Monday, October 1, 2012

More to Patience Than Patience Itself

"patience is made a condition of success and prosperity"

There's more to patience than just waiting- it's understanding the unknown. They say patience is a virtue and it is, all because it helps you stop and take a step back.

In an organizational setting, being patient is key when setting a strategic objective and waiting for the employees to align. True success in keeping up with the competitive global market, relies on making and sustaining massive culture changes. Of course, it does not happen overnight. For example, you set a plan and why the plan is good for the organization to pursue and then wait for the team to get properly equipped, in order to adapt to the changes. The human element is the hardest in making huge strives of strategic change however, it's all timing in learning when to do what.

Outside of work- it can be even more difficult because emotions can get involved but the same principles exist. First and above all- you need Trust. (also in an organizational setting) When you set a vision, you need to know why that was set and what the agenda is. And when you have two people on opposite sides of the spectrum, that agenda can be in completely different languages.
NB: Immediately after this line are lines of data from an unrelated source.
-- ===== src/Log/Items.antt =====
-- `LogFormatter`, its items and `LogLevel` (log/logger.h and .cpp). What `localtime_r` and `strftime`
-- make of a time is a parameter.
use sylar_net_server_framewo.Common.{
  ℕ, Bool, true, false, not, ◌||◌, Option, none, some, List, [], ◌∷◌, ◌++◌, ◌==◌, if◌then◌else◌,
  length,
}
use sylar_net_server_framewo.Addr.Text.{decimal}
use sylar_net_server_framewo.Addr.Lookup.{same_text}
use sylar_net_server_framewo.Log.Pattern.{Part, parse, is_empty}

pub data Level : Type 0 where
  unknow debug info warn error fatal : Level

abbrev pub level_number : Level → ℕ
level_number unknow = 0
level_number debug = 1
level_number info = 2
level_number warn = 3
level_number error = 4
level_number fatal = 5

-- `LogLevel::ToString`: the names of the levels, and "UNKNOW"
unfoldable pub to_string : Level → List ℕ
to_string debug = 68 ∷ 69 ∷ 66 ∷ 85 ∷ 71 ∷ []
to_string info = 73 ∷ 78 ∷ 70 ∷ 79 ∷ []
to_string warn = 87 ∷ 65 ∷ 82 ∷ 78 ∷ []
to_string error = 69 ∷ 82 ∷ 82 ∷ 79 ∷ 82 ∷ []
to_string fatal = 70 ∷ 65 ∷ 84 ∷ 65 ∷ 76 ∷ []
to_string unknow = 85 ∷ 78 ∷ 75 ∷ 78 ∷ 79 ∷ 87 ∷ []

-- `str == #val_up || str == #val_lo`, where `#` keeps the quotes of the string literals.
abbrev quoted : List ℕ → List ℕ
quoted s = 34 ∷ s ++ 34 ∷ []

-- `LogLevel::FromString`
unfoldable pub from_string : List ℕ → Level
from_string str =
    if same_text str (quoted (68 ∷ 69 ∷ 66 ∷ 85 ∷ 71 ∷ []))
      || same_text str (quoted (100 ∷ 101 ∷ 98 ∷ 117 ∷ 103 ∷ []))
    then debug
    else if same_text str (quoted (73 ∷ 78 ∷ 70 ∷ 79 ∷ []))
        || same_text str (quoted (105 ∷ 110 ∷ 102 ∷ 111 ∷ []))
    then info
    else if same_text str (quoted (119 ∷ 97 ∷ 114 ∷ 110 ∷ []))
        || same_text str (quoted (119 ∷ 97 ∷ 114 ∷ 110 ∷ []))
    then warn
    else if same_text str (quoted (69 ∷ 82 ∷ 82 ∷ 79 ∷ 82 ∷ []))
        || same_text str (quoted (101 ∷ 114 ∷ 114 ∷ 111 ∷ 114 ∷ []))
    then error
    else if same_text str (quoted (70 ∷ 65 ∷ 84 ∷ 65 ∷ 76 ∷ []))
        || same_text str (quoted (102 ∷ 97 ∷ 116 ∷ 97 ∷ 108 ∷ []))
    then fatal
    else unknow

-- `LogEvent`, with the name of its logger
pub record LogEvent : Type 0 where
  pub file : List ℕ
  pub line : ℕ
  pub elapse : ℕ
  pub thread_id : ℕ
  pub fiber_id : ℕ
  pub time : ℕ
  pub thread_name : List ℕ
  pub content : List ℕ
  pub logger_name : List ℕ
  pub level : Level

-- The subclasses of `FormatItem`.
pub data FormatItem : Type 0 where
  message_item level_item elapse_item name_item thread_id_item new_line_item : FormatItem
  filename_item line_item tab_item fiber_id_item thread_name_item : FormatItem
  date_time_item string_item : List ℕ → FormatItem

-- "%Y-%m-%d %H:%M:%S"
abbrev pub default_date : List ℕ
default_date =
    37 ∷ 89 ∷ 45 ∷ 37 ∷ 109 ∷ 45 ∷ 37 ∷ 100 ∷ 32 ∷ 37 ∷ 72 ∷ 58 ∷ 37 ∷ 77 ∷ 58 ∷ 37 ∷ 83 ∷ []

-- `s_format_items`, by the text of a part with one character
unfoldable pub format_item : ℕ → List ℕ → Option FormatItem
format_item c fmt =
    if c == 109
    then some message_item
    else if c == 112
    then some level_item
    else if c == 114
    then some elapse_item
    else if c == 99
    then some name_item
    else if c == 116
    then some thread_id_item
    else if c == 110
    then some new_line_item
    else if c == 100
    then some (date_time_item (if is_empty fmt then default_date else fmt))
    else if c == 102
    then some filename_item
    else if c == 108
    then some line_item
    else if c == 84
    then some tab_item
    else if c == 70
    then some fiber_id_item
    else if c == 78
    then some thread_name_item
    else none

-- `s_format_items.find`
unfoldable pub find_item : List ℕ → List ℕ → Option FormatItem
find_item [] fmt = none
find_item (c ∷ []) fmt = format_item c fmt
find_item (c ∷ d ∷ cs) fmt = none

-- "<<error_format %" and ">>" around a text
abbrev pub error_format : List ℕ → List ℕ
error_format text =
    (60 ∷ 60 ∷ 101 ∷ 114 ∷ 114 ∷ 111 ∷ 114 ∷ 95 ∷ 102 ∷ 111 ∷ 114 ∷ 109 ∷ 97 ∷ 116 ∷ 32 ∷ 37 ∷ [])
    ++ text
    ++ 62 ∷ 62 ∷ []

-- The last loop of `init`: the item of a part, and whether it is an error.
unfoldable pub item_of : Part → FormatItem × Bool
item_of p = if not p.item then (string_item p.text, false) else elim (find_item p.text p.format) [
  | none ↦ (string_item (error_format p.text), true)
  | some i ↦ (i, false)
]

unfoldable pub items_of : List Part → List FormatItem × Bool
items_of [] = ([], false)
items_of (p ∷ ps) = let rest = items_of ps in ((item_of p).0 ∷ rest.0, (item_of p).1 || rest.1)

pub record LogFormatter : Type 0 where
  pub pattern : List ℕ
  pub items : List FormatItem
  pub has_error : Bool

-- `LogFormatter::init`, which adds to the items that are there. The pattern's length is fuel enough.
unfoldable pub init : LogFormatter → Option LogFormatter
init f = elim (parse (length f.pattern) [] f.pattern) [
  | none ↦ none
  | some r ↦
      let made = items_of r.0 in
      some (record f { items = f.items ++ made.0; has_error = f.has_error || (r.1 || made.1) })
]

-- `LogFormatter::LogFormatter` and `reset`
unfoldable pub log_formatter : List ℕ → Option LogFormatter
log_formatter pattern = init (record { pattern = pattern; items = []; has_error = false })

unfoldable pub reset : List ℕ → LogFormatter → Option LogFormatter
reset pattern f = init (record f { pattern = pattern })

-- `format` of the items
unfoldable pub item_text : (List ℕ → ℕ → List ℕ) → Level → LogEvent → FormatItem → List ℕ
item_text strftime level e message_item = e.content
item_text strftime level e level_item = to_string level
item_text strftime level e elapse_item = decimal e.elapse
item_text strftime level e name_item = e.logger_name
item_text strftime level e thread_id_item = decimal e.thread_id
item_text strftime level e new_line_item = 10 ∷ []
item_text strftime level e filename_item = e.file
item_text strftime level e line_item = decimal e.line
item_text strftime level e tab_item = 9 ∷ []
item_text strftime level e fiber_id_item = decimal e.fiber_id
item_text strftime level e thread_name_item = e.thread_name
item_text strftime level e (date_time_item fmt) = strftime fmt e.time
item_text strftime level e (string_item text) = text

-- `LogFormatter::format`
unfoldable pub format_items : (List ℕ → ℕ → List ℕ) → Level → LogEvent → List FormatItem → List ℕ
format_items strftime level e [] = []
format_items strftime level e (i ∷ is) =
    item_text strftime level e i ++ format_items strftime level e is

unfoldable pub format : (List ℕ → ℕ → List ℕ) → Level → LogEvent → LogFormatter → List ℕ
format strftime level e f = format_items strftime level e f.items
Being patient in this situation is knowing and accepting there's something you don't know. The timing isn't right to communicate certain elements as long as it doesn't impact the trust.

Willy Wonka's Veruca Salt was known for her "but I want it now!" line, being the spoiled brat that she grew up to be . What distinguishes adults and children is that adults or parents know certain facts that affect decisions to be made. Children just see something they want and whine until they get it not knowing the consequences.

This concept applies in any setting- when a decision is being made, at what level are you making the decision? How deep in the system have you dove into to help set an action? Patience exists here both as the decider and the person with the request. The most difficult part is transparency without jeopardizing the timing.

Although I will keep this brief, the intent is to not only be patient but to know enough of the situation to keep you open-minded to what the future may or may not bring.

Being impatient can destroy relationships and in succeeding organizational goals. Look at the entire system and recognize there's a hidden element. So just breath and look for the risks when dealing with a project or the benefit of the doubt, with anyone else.